### Given records
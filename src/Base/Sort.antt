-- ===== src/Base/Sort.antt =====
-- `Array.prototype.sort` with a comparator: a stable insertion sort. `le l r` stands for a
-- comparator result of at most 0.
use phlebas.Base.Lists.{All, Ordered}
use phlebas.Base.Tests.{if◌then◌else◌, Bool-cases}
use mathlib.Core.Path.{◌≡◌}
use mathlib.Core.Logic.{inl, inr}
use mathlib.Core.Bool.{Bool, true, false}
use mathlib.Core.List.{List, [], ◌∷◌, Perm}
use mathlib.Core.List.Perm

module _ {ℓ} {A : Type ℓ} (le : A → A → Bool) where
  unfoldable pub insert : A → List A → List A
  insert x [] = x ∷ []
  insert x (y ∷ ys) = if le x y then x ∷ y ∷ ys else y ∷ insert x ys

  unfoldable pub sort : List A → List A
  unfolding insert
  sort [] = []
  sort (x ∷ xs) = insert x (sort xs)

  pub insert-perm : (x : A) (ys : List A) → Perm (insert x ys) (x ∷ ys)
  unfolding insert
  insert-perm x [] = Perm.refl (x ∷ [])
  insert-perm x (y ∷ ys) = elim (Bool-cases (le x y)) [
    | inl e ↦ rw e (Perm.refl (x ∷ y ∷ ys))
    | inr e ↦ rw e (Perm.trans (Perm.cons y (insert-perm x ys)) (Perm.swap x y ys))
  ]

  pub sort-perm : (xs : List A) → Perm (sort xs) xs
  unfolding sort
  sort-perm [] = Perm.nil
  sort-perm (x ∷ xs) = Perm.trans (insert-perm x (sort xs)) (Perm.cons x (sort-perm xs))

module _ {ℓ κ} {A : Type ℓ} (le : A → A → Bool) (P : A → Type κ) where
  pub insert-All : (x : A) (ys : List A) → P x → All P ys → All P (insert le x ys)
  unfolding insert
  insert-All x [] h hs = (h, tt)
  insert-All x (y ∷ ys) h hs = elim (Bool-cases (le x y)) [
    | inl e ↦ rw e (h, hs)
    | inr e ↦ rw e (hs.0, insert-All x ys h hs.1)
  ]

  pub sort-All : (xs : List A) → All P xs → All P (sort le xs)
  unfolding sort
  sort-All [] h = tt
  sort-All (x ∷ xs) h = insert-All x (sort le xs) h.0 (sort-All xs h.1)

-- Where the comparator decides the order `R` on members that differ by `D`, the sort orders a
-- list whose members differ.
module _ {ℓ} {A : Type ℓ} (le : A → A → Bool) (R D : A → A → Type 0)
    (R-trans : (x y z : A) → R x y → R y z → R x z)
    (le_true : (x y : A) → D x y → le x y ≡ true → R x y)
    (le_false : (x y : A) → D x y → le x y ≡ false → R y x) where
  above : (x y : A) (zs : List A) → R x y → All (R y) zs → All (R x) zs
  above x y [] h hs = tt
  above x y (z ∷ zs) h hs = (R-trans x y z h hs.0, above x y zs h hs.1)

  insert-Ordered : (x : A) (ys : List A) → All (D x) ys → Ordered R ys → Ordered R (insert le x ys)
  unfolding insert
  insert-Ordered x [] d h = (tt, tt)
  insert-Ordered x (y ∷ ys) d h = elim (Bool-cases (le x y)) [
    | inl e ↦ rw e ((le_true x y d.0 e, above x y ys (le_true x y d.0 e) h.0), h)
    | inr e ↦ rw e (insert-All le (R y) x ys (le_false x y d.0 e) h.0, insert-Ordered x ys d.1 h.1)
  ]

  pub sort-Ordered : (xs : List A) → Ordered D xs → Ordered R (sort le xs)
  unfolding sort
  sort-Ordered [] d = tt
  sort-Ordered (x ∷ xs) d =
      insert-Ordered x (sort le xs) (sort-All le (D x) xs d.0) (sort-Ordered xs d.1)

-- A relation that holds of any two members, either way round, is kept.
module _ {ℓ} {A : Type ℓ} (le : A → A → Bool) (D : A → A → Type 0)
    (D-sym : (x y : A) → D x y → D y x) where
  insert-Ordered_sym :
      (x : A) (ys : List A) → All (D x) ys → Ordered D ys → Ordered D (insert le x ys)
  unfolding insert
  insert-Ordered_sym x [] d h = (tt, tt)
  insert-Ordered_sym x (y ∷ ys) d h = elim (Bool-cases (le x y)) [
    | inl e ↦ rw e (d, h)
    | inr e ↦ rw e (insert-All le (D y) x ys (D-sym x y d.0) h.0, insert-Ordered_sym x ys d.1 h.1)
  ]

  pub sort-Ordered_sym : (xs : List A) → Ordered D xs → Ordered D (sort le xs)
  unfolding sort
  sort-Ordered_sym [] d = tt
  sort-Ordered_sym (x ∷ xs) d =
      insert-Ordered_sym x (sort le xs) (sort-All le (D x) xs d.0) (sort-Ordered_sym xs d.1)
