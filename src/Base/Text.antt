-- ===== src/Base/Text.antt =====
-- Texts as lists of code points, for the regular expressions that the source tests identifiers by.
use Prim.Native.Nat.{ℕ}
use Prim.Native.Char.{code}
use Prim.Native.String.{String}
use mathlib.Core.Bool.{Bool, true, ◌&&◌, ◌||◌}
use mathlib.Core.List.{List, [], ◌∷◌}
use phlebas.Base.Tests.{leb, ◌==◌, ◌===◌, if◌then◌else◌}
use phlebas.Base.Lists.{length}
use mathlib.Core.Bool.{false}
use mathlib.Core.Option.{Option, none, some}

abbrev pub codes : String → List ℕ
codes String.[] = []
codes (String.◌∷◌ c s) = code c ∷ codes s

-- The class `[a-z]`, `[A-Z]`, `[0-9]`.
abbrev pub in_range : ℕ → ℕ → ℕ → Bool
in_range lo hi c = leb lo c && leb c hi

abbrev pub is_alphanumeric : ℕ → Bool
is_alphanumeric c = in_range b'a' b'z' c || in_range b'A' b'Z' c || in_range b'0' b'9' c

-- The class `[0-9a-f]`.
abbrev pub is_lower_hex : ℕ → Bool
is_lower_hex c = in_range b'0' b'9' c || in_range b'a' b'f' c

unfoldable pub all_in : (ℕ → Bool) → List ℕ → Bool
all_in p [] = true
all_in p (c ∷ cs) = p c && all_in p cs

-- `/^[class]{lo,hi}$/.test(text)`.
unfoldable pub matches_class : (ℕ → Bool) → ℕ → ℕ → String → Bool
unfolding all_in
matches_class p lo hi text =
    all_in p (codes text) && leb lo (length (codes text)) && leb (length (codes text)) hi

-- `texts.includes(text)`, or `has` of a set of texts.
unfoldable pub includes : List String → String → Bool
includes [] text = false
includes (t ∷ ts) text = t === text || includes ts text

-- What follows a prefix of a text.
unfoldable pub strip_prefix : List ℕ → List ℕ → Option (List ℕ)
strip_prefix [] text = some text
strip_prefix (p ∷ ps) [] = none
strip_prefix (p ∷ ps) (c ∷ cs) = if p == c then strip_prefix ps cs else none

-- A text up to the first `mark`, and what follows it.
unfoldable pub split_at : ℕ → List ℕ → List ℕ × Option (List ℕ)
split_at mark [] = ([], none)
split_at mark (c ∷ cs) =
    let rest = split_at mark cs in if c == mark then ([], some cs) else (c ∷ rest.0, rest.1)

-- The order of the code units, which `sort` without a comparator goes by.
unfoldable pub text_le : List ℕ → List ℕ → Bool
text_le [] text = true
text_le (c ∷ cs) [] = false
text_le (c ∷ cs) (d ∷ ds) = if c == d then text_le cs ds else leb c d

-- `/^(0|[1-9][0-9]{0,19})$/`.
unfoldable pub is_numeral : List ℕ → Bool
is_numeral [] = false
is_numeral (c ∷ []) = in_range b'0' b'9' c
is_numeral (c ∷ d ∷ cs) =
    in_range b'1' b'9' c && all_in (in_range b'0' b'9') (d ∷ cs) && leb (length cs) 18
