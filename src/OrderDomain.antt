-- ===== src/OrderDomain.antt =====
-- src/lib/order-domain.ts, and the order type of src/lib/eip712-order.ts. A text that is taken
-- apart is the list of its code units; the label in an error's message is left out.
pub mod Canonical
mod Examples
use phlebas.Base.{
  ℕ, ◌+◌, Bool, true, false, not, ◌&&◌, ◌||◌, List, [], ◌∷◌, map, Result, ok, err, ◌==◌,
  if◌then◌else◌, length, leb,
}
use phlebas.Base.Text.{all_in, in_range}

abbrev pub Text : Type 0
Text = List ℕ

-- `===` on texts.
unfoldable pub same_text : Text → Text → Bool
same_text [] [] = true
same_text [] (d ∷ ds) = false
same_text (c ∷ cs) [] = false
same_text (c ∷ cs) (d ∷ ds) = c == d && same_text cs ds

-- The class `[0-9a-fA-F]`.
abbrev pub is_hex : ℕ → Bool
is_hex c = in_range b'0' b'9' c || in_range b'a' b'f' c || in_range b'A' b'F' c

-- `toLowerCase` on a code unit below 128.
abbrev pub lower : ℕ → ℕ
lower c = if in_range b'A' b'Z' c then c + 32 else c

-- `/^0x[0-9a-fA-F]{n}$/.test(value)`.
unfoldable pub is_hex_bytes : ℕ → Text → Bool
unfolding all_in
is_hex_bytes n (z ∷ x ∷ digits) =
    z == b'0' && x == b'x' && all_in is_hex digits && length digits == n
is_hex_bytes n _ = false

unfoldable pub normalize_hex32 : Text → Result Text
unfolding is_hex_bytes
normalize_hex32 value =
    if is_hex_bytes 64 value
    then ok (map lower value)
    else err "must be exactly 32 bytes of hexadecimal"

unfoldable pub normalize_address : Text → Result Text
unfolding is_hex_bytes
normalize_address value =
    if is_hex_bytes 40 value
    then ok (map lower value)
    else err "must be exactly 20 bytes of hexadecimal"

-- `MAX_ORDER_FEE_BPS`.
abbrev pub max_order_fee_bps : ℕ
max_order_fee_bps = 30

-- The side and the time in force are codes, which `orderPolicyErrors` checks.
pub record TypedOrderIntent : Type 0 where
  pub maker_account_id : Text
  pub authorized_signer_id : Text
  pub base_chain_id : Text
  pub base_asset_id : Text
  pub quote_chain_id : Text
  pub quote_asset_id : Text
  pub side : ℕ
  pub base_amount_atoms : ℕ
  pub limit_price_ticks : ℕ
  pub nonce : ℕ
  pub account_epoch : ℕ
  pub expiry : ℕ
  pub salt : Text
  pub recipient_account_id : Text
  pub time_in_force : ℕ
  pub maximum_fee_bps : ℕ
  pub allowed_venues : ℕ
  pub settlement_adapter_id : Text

### Work to complete
Extract every line above that contains the word "String".

### Answer below
use Prim.Native.String.{String}
abbrev pub codes : String → List ℕ
codes String.[] = []
codes (String.◌∷◌ c s) = code c ∷ codes s
unfoldable pub matches_class : (ℕ → Bool) → ℕ → ℕ → String → Bool
unfoldable pub includes : List String → String → Bool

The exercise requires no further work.